Can you open 91.189.92.171 in a web browser?

----------


## DSn0wMan

> Can you open 91.189.92.171 in a web browser?


Yes

----------


## wildmanne39

Give me a few minutes while I compare your list to mine.
Thank you

----------


## neojames

Just like to say that I'm getting the same problem on my Laptop running Oneiric, but not a peep on my Desktop with Natty.

----------


## wildmanne39

Hi, I suggest you go to this link and regenerate your source list and start with a new one.
http://www.tuxgarage.com/2011/01/res...-defaults.html
Thank you

----------


## wildmanne39

Hi, also you did not start using a proxy did you? there is trouble with updates and proxy.
Thank you

----------


## DSn0wMan

> Hi, I suggest you go to this link and regenerate your source list and start with a new one.
> http://www.tuxgarage.com/2011/01/res...-defaults.html
> Thank you


I just updated my sources.list to something extremely simple, and I am still getting the same problems.


###### Ubuntu Main Repos
deb http://us.archive.ubuntu.com/ubuntu/ natty main restricted universe multiverse 

###### Ubuntu Update Repos
deb http://us.archive.ubuntu.com/ubuntu/ natty-security main restricted universe multiverse 
deb http://us.archive.ubuntu.com/ubuntu/ natty-updates main restricted universe multiverse 

###### Ubuntu Partner Repo
deb http://archive.canonical.com/ubuntu natty partner

----------


## DSn0wMan

> Hi, also you did not start using a proxy did you? there is trouble with updates and proxy.
> Thank you


I don't think so, but this is a corporate environment, so it's possible the network guys are getting tricky with me.
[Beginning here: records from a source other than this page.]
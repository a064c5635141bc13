-- ===== src/State/Store.antt =====
-- The lock file as the finite map that it records, and as the text that is written for a state.
use mathlib.Core.Option.{some-injective}
use runtime_class_manager.Base.{
  ◌<◌, ◌≡◌, refl, sym, ◌∙◌, Option, none, some, [], ◌∷◌, Text, text_eq, ◌==◌, All, if◌then◌else◌,
}
use runtime_class_manager.Base.Dict.{
  Dict, lookup, insert, erase, lookup-insert, lookup-erase, Distinct, insert-Distinct,
  erase-Distinct, insert-All, erase-All,
}
use runtime_class_manager.Go.Outcome.{ok}
use runtime_class_manager.Go.Json.Print.{marshal_indent}
use runtime_class_manager.Go.Json.Wordy.{IsWordy, FieldsAreWordy}
use runtime_class_manager.Go.Json.RoundTrip.{unmarshal-marshal_indent}
use runtime_class_manager.Go.Json.Sort.{sort_keys, sort_keys-All}
use runtime_class_manager.State.{
  State, to_value, shim_fields, shim_value, shims_value, read_entries, parse_shims, find_shim,
  update_shim, remove_shim,
}
use runtime_class_manager.State.Entry.{Shim, marshal_json}
use runtime_class_manager.State.RoundTrip.{
  IsBytes, IsWritten, read_entry-shim_value, read_entries-sort_keys, shims_of_value-entries,
}

abbrev pub IsAscii : Text → Type 0
IsAscii = All (λ c. c < 128)

-- What the program records: a digest of bytes, and names and paths in ASCII.
abbrev pub IsClean : Option Shim → Type 0
IsClean none = Unit
IsClean (some s) = IsBytes s × IsAscii s.path

abbrev pub IsCleanEntry : Text × Option Shim → Type 0
IsCleanEntry (name, s) = IsAscii name × IsClean s

pub record IsCleanMap (d : Dict Text (Option Shim)) : Type 0 where
  pub entries : All IsCleanEntry d
  pub distinct : Distinct d

-- The contents of the lock file record for every name what `find` says: there is no file, and `find`
-- knows no name, or the file is read as a map that agrees with `find`.
pub data Holds (content : Option Text) (find : Text → Option (Option Shim)) : Type 0 where
  absent : content ≡ none → ((name : Text) → find name ≡ none) → Holds content find
  written :
      (text : Text) (d : Dict Text (Option Shim))
      → content ≡ some text
      → parse_shims text ≡ some (some d)
      → IsCleanMap d
      → ((name : Text) → lookup name d ≡ find name)
      → Holds content find

shim_fields-FieldsAreWordy : (d : Dict Text (Option Shim)) → FieldsAreWordy (shim_fields d)
unfolding shim_fields shim_value FieldsAreWordy marshal_json
shim_fields-FieldsAreWordy [] = tt
shim_fields-FieldsAreWordy ((k, none) ∷ d) = (tt, shim_fields-FieldsAreWordy d)
shim_fields-FieldsAreWordy ((k, some s) ∷ d) = ((tt, (tt, tt)), shim_fields-FieldsAreWordy d)

to_value-IsWordy :
    (st : State) {d : Dict Text (Option Shim)} → st.shims ≡ some d → IsWordy (to_value st)
unfolding to_value shims_value IsWordy
to_value-IsWordy st {d} e = rw e (shim_fields-FieldsAreWordy (sort_keys d), tt)

IsCleanEntry-IsWritten :
    (d : Dict Text (Option Shim)) → All IsCleanEntry d → All (λ kv. IsWritten kv.1) d
IsCleanEntry-IsWritten [] h = tt
IsCleanEntry-IsWritten ((k, none) ∷ d) h = (tt, IsCleanEntry-IsWritten d h.1)
IsCleanEntry-IsWritten ((k, some s) ∷ d) h = (h.0.1.0, IsCleanEntry-IsWritten d h.1)

-- Reading clean entries into a clean map gives a clean map.
read_entries-IsCleanMap :
    (d acc acc' : Dict Text (Option Shim))
    → All IsCleanEntry d
    → IsCleanMap acc
    → read_entries (shim_fields d) acc ≡ some acc'
    → IsCleanMap acc'
unfolding read_entries shim_fields
read_entries-IsCleanMap [] acc acc' h clean e = rw (← some-injective acc acc' e) clean
read_entries-IsCleanMap ((k, v) ∷ d) acc acc' h clean e =
    let clean' : IsCleanMap (insert k v acc) = record {
      entries = insert-All IsCleanEntry k v acc h.0 clean.entries;
      distinct = insert-Distinct k v acc clean.distinct;
    } in
    read_entries-IsCleanMap d (insert k v acc) acc' h.1 clean' (
      rw (read_entry-shim_value v (IsCleanEntry-IsWritten ((k, v) ∷ []) (h.0, tt)).0, read_entries)
        at e)

-- The map with one more entry, and with one less.
abbrev pub with_entry : Text → Shim → (Text → Option (Option Shim)) → Text → Option (Option Shim)
with_entry name s find n = if n == name then some (some s) else find n

abbrev pub without_entry : Text → (Text → Option (Option Shim)) → Text → Option (Option Shim)
without_entry name find n = if n == name then none else find n

-- What `Get` gives: a clean map that agrees with `find`.
pub record Finds (st : State) (find : Text → Option (Option Shim)) : Type 0 where
  pub map : Dict Text (Option Shim)
  pub shims-map : st.shims ≡ some map
  pub map-IsCleanMap : IsCleanMap map
  pub lookup-map : (name : Text) → lookup name map ≡ find name

pub find_shim-Finds :
    {st : State} {find : Text → Option (Option Shim)}
    → Finds st find
    → (name : Text) → find_shim st name ≡ find name
unfolding find_shim
find_shim-Finds f name = rw f.shims-map (f.lookup-map name)

-- `UpdateShim` and `RemoveShim` on what `Get` gives.
pub update_shim-Finds :
    {st : State} {find : Text → Option (Option Shim)} (name : Text) (s : Shim)
    → Finds st find
    → IsCleanEntry (name, some s)
    → (st' : State) × (update_shim st name s ≡ ok st')
      × Finds st' (with_entry name s find)
      × (st'.lock_file_path ≡ st.lock_file_path)
unfolding update_shim
update_shim-Finds {st} name s f clean = (
  record st { shims = some (insert name (some s) f.map) },
  rw f.shims-map refl,
  record {
    map = insert name (some s) f.map;
    shims-map = refl;
    map-IsCleanMap = record {
      entries = insert-All IsCleanEntry name (some s) f.map clean f.map-IsCleanMap.entries;
      distinct = insert-Distinct name (some s) f.map f.map-IsCleanMap.distinct;
    };
    lookup-map = λ n. lookup-insert n name (some s) f.map ∙ rw (f.lookup-map n) refl;
  },
  refl,
)

pub remove_shim-Finds :
    {st : State} {find : Text → Option (Option Shim)} (name : Text)
    → Finds st find
    → Finds (remove_shim st name) (without_entry name find)
unfolding remove_shim
remove_shim-Finds {st} name f = record {
  map = erase name f.map;
  shims-map = rw f.shims-map refl;
  map-IsCleanMap = record {
    entries = erase-All IsCleanEntry name f.map f.map-IsCleanMap.entries;
    distinct = erase-Distinct name f.map f.map-IsCleanMap.distinct;
  };
  lookup-map = λ n. lookup-erase n name f.map ∙ rw (f.lookup-map n) refl;
}

pub Holds-map :
    {content content' : Option Text} {find find' : Text → Option (Option Shim)}
    → content' ≡ content
    → ((name : Text) → find name ≡ find' name)
    → Holds content find
    → Holds content' find'
Holds-map same agree (absent none_there unknown) =
    absent (same ∙ none_there) (λ name. sym (agree name) ∙ unknown name)
Holds-map same agree (written text d there parsed clean agrees) =
    written text d (same ∙ there) parsed clean (λ name. agrees name ∙ agree name)

-- What stands in the lock file after a state was written is read back: with names and paths in ASCII,
-- distinct names, and digests made of bytes, every name finds after reading the text what it found in
-- the state.
pub parse_shims-marshal_indent :
    (st : State) (d : Dict Text (Option Shim))
    → st.shims ≡ some d
    → IsCleanMap d
    → (d' : Dict Text (Option Shim)) × (parse_shims (marshal_indent (to_value st)) ≡ some (some d'))
      × IsCleanMap d'
      × ((name : Text) → lookup name d' ≡ find_shim st name)
unfolding parse_shims find_shim
parse_shims-marshal_indent st d e clean =
    let (d', read, found) =
      read_entries-sort_keys d (IsCleanEntry-IsWritten d clean.entries) clean.distinct in
    (
      d',
      rw (unmarshal-marshal_indent (to_value st) (to_value-IsWordy st e), parse_shims)
          (shims_of_value-entries st d d' e read),
      read_entries-IsCleanMap (sort_keys d) [] d' (sort_keys-All _ d clean.entries)
          (record { entries = tt; distinct = tt }) read,
      λ name. found name ∙ rw e refl,
    )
Also I am pretty sure there has always been a filter between me and the web., so there is some sort of proxy, but this was previously working, and I can go to the sites through a browser, so I know I am not being blocked.

----------


## wildmanne39

Hi, but when you click on the links you posted you can get to them correct?
Thank you

----------


## DSn0wMan

> Hi, but when you click on the links you posted you can get to them correct?
> Thank you


Correct

----------


## wildmanne39

Hi, There is sure something strange going on I have never seen that exact error, it looks like your ip adsdress is being blocked from getting the updates, maybe a new firewall setting or proxy.
Thank you

----------


## DSn0wMan

> Hi, There is sure something strange going on I have never seen that exact error, it looks like your ip adsdress is being blocked from getting the updates, maybe a new firewall setting or proxy.
> Thank you


That's likely. There really were not any changes on my machine locally except it went down hard during a power outage, and when it came back up I cant get updates. 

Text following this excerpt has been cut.